Saved data entries:
=== Begin Enclosure ===

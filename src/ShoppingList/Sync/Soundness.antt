-- ===== src/ShoppingList/Sync/Soundness.antt =====
-- `sync` of shopping_list_service.py and the invariant of the tables.
use prislapp.Prelude.{
  Bool, List, Option, [], arith, false, if◌then◌else◌, map, none, not, refl, some, true, ℕ, ◌==◌,
  ◌||◌, ◌∷◌, ◌≡◌, ◌≤◌,
}
use prislapp.ShoppingList.Evolution.{Evolves-trans}
use prislapp.ShoppingList.Exec.{
  Env, Outcome, World, integrity_error, invalid_operation, modify, now, ok, pure, query, rejected,
  ◌>>=◌, ◌>>◌,
}
use prislapp.ShoppingList.Invariant.{Ensures, Handles, Inv, OnOk}
use prislapp.ShoppingList.Invariant.Rules.{
  Ensures-bind, Ensures-modify, Ensures-pure, Ensures-query,
}
use prislapp.Prelude.Text.{Text}
use prislapp.ShoppingList.Model.{CursorPayload, Db, Request, operation_of}
use prislapp.ShoppingList.Mutations.{handle, mutation_row, or_roll_back, recorded, replay}
use prislapp.ShoppingList.Mutations.Handlers.{handle-Ensures}
use prislapp.ShoppingList.Mutations.Soundness.{Sound, Sound-recorded, Sound-refl}
use prislapp.ShoppingList.Sequence.{sequence}
use prislapp.ShoppingList.Sync.{
  Conflict, SyncCursor, SyncMutation, apply_mutations, apply_sync_mutation, checked_cursor,
  end_savepoint, expired, mutation_id_of, parse_payload, parse_sync_cursor, read_changes,
  refused_cursor, replay_mutations, request_of, sync, sync_cursor_version, unless_stored,
}

Sound-trans :
    (user floor : ℕ) (a b c : Db)
    → Sound user floor a b
    → Sound user floor b c
    → Sound user floor a c
Sound-trans user floor a b c (p, _) (q, inv) = (Evolves-trans user floor a b c p q, inv)

abbrev Steps : {A : Type 0} → ℕ → ℕ → Db → A → World → Type 0
Steps user floor a _ w = Sound user floor a w.db

module _ (env : Env) (user floor : ℕ) where
  apply_sync_mutation-Ensures :
      (mutation : SyncMutation) (w : World)
      → floor ≤ sequence user w.db
      → Inv w.db
      → Ensures (Steps user floor w.db) (apply_sync_mutation env user mutation) w
  apply_sync_mutation-Ensures mutation w le inv = record {
    returns = unfold apply_sync_mutation in closed _ body.returns;
  }
    where
      request : Request
      request = request_of mutation

      closed :
          (out : Outcome (Option Conflict) × World)
          → OnOk (Steps user floor w.db) out
          → OnOk (Steps user floor w.db) (end_savepoint w.db mutation out)
      closed (ok a, w') h = h
      closed (rejected r, w') h = Sound-refl user floor w.db inv
      closed (integrity_error, w') h = tt
      closed (invalid_operation, w') h = tt

      fresh :
          Ensures {A = Option Conflict}
            (Steps user floor w.db)
            (do
              applied ← handle env user request
              modify (
                  recorded (
                    mutation_row user
                      (operation_of request)
                      (mutation_id_of mutation)
                      (env.payload_hash request)
                      applied))
              pure none)
            w
      fresh =
          Ensures-bind _ (Handles user floor w.db) _ _ w
            (handle-Ensures env user floor w request le inv)
            λ applied w' h.
              Ensures-modify _ _ _ w'
                (Ensures-pure _ _ _ (Sound-recorded user floor w.db w'.db _ h))

      body :
          Ensures {A = Option Conflict}
            (Steps user floor w.db)
            (query (
                replay user
                  (operation_of request)
                  (mutation_id_of mutation)
                  (env.payload_hash request))
              >>= λ stored. unless_stored stored (do
                applied ← handle env user request
                modify (
                    recorded (
                      mutation_row user
                        (operation_of request)
                        (mutation_id_of mutation)
                        (env.payload_hash request)
                        applied))
                pure none))
            w
      body = Ensures-query _ _ _ w (elim [
        | none ↦ λ _. fresh
        | some r ↦ λ _. Ensures-pure _ _ w (Sound-refl user floor w.db inv)
      ])

  pub apply_mutations-Ensures :
      (mutations : List SyncMutation) (w : World)
      → floor ≤ sequence user w.db
      → Inv w.db
      → Ensures (Steps user floor w.db) (apply_mutations env user mutations) w
  unfolding apply_mutations
  apply_mutations-Ensures [] w le inv = Ensures-pure _ _ w (Sound-refl user floor w.db inv)
  apply_mutations-Ensures (mutation ∷ mutations) w le inv =
      Ensures-bind _ (Steps user floor w.db) _ _ w (apply_sync_mutation-Ensures mutation w le inv)
        λ conflict w' first.
          Ensures-bind _ (Steps user floor w'.db) _ _ w'
            (apply_mutations-Ensures mutations w' (omega (arith, first.0.rises)) first.1)
            λ conflicts w'' rest.
              Ensures-pure _ _ w'' (Sound-trans user floor w.db w'.db w''.db first rest)

parse_payload-Ensures :
    (env : Env) (user : ℕ) (cursor : Option CursorPayload) (w : World)
    → Ensures (λ _ w'. w'.db ≡ w.db) (parse_payload env user cursor) w
parse_payload-Ensures env user none w = Ensures-pure _ _ w refl
parse_payload-Ensures env user (some payload) w =
    go (not (payload.version == sync_cursor_version) || not (payload.user_id == user))
  where
    go :
        (b : Bool)
        → Ensures
            (λ _ w'. w'.db ≡ w.db)
            (if b
              then pure refused_cursor
              else (now env >>= λ time. query (λ db. ok (checked_cursor user time payload db))))
            w
    go true = Ensures-pure _ _ w refl
    go false = record { returns = unfold ◌>>=◌ in refl }

parse_sync_cursor-Ensures :
    (env : Env) (user : ℕ) (cursor : Option Text) (w : World)
    → Ensures (λ _ w'. w'.db ≡ w.db) (parse_sync_cursor env user cursor) w
unfolding parse_sync_cursor
parse_sync_cursor-Ensures env user none w = Ensures-pure _ _ w refl
parse_sync_cursor-Ensures env user (some text) w =
    parse_payload-Ensures env user (env.decode_payload text) w

replay_mutations-Ensures :
    (env : Env) (user floor : ℕ) (cursor : SyncCursor) (mutations : List SyncMutation) (w : World)
    → floor ≤ sequence user w.db
    → Inv w.db
    → Ensures (Steps user floor w.db) (replay_mutations env user cursor mutations) w
replay_mutations-Ensures env user floor cursor mutations w le inv = go cursor.replay_allowed
  where
    go :
        (b : Bool)
        → Ensures
            (Steps user floor w.db)
            (if b then apply_mutations env user mutations else pure (map expired mutations))
            w
    go true = apply_mutations-Ensures env user floor mutations w le inv
    go false = Ensures-pure _ _ w (Sound-refl user floor w.db inv)

read_changes-db :
    (env : Env) (user : ℕ) (since : Option ℕ) (conflicts : List Conflict) (w : World)
    → (read_changes env user since (λ db. db) conflicts w).1.db ≡ w.db
unfolding read_changes ◌>>=◌
read_changes-db env user since conflicts w = refl

-- Whatever a device sends to `sync`, with whatever cursor, and whatever comes of it, if no other
-- session commits while it answers: the tables keep their invariant, and change only as one account's mutations may change them.
pub sync-Sound :
    (env : Env) (user : ℕ) (cursor : Option Text) (mutations : List SyncMutation) (w : World)
    → Inv w.db
    → Sound user (sequence user w.db) w.db (sync env user cursor mutations (λ db. db) w).1.db
sync-Sound env user cursor mutations w inv = unfold sync in closed _ body.returns
  where
    closed :
        (out : Outcome (Option ℕ × List Conflict) × World)
        → OnOk (Steps user (sequence user w.db) w.db) out
        → Sound user
            (sequence user w.db)
            w.db
            (or_roll_back w.db out
              (λ (since, conflicts). read_changes env user since (λ db. db) conflicts)).1.db
    closed (ok (since, conflicts), w') h = rw (read_changes-db env user since conflicts w') h
    closed (rejected r, w') h = Sound-refl user (sequence user w.db) w.db inv
    closed (integrity_error, w') h = Sound-refl user (sequence user w.db) w.db inv
    closed (invalid_operation, w') h = Sound-refl user (sequence user w.db) w.db inv

    body :
        Ensures {A = Option ℕ × List Conflict}
          (Steps user (sequence user w.db) w.db)
          (parse_sync_cursor env user cursor >>= λ parsed.
            replay_mutations env user parsed mutations >>= λ conflicts.
            pure (parsed.sequence, conflicts))
          w
    body =
        Ensures-bind _ (λ _ w'. w'.db ≡ w.db) _ _ w (parse_sync_cursor-Ensures env user cursor w)
          λ parsed w' same.
            Ensures-bind _ (Steps user (sequence user w.db) w.db) _ _ w'
              (rw (← same) (
                replay_mutations-Ensures env user (sequence user w'.db) parsed mutations w'
                  (omega arith) (rw same inv)))
              λ conflicts w'' h. Ensures-pure _ _ w'' h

=== End Enclosure ===

**Task objective**
Can you repeat, word for word, every line above from the one containing "apply_mutations-Ensures (mutation ∷" down to the one containing "parse_payload-Ensures env user (some", including both?

**Solved problem**
  apply_mutations-Ensures (mutation ∷ mutations) w le inv =
      Ensures-bind _ (Steps user floor w.db) _ _ w (apply_sync_mutation-Ensures mutation w le inv)
        λ conflict w' first.
          Ensures-bind _ (Steps user floor w'.db) _ _ w'
            (apply_mutations-Ensures mutations w' (omega (arith, first.0.rises)) first.1)
            λ conflicts w'' rest.
              Ensures-pure _ _ w'' (Sound-trans user floor w.db w'.db w''.db first rest)

parse_payload-Ensures :
    (env : Env) (user : ℕ) (cursor : Option CursorPayload) (w : World)
    → Ensures (λ _ w'. w'.db ≡ w.db) (parse_payload env user cursor) w
parse_payload-Ensures env user none w = Ensures-pure _ _ w refl
parse_payload-Ensures env user (some payload) w =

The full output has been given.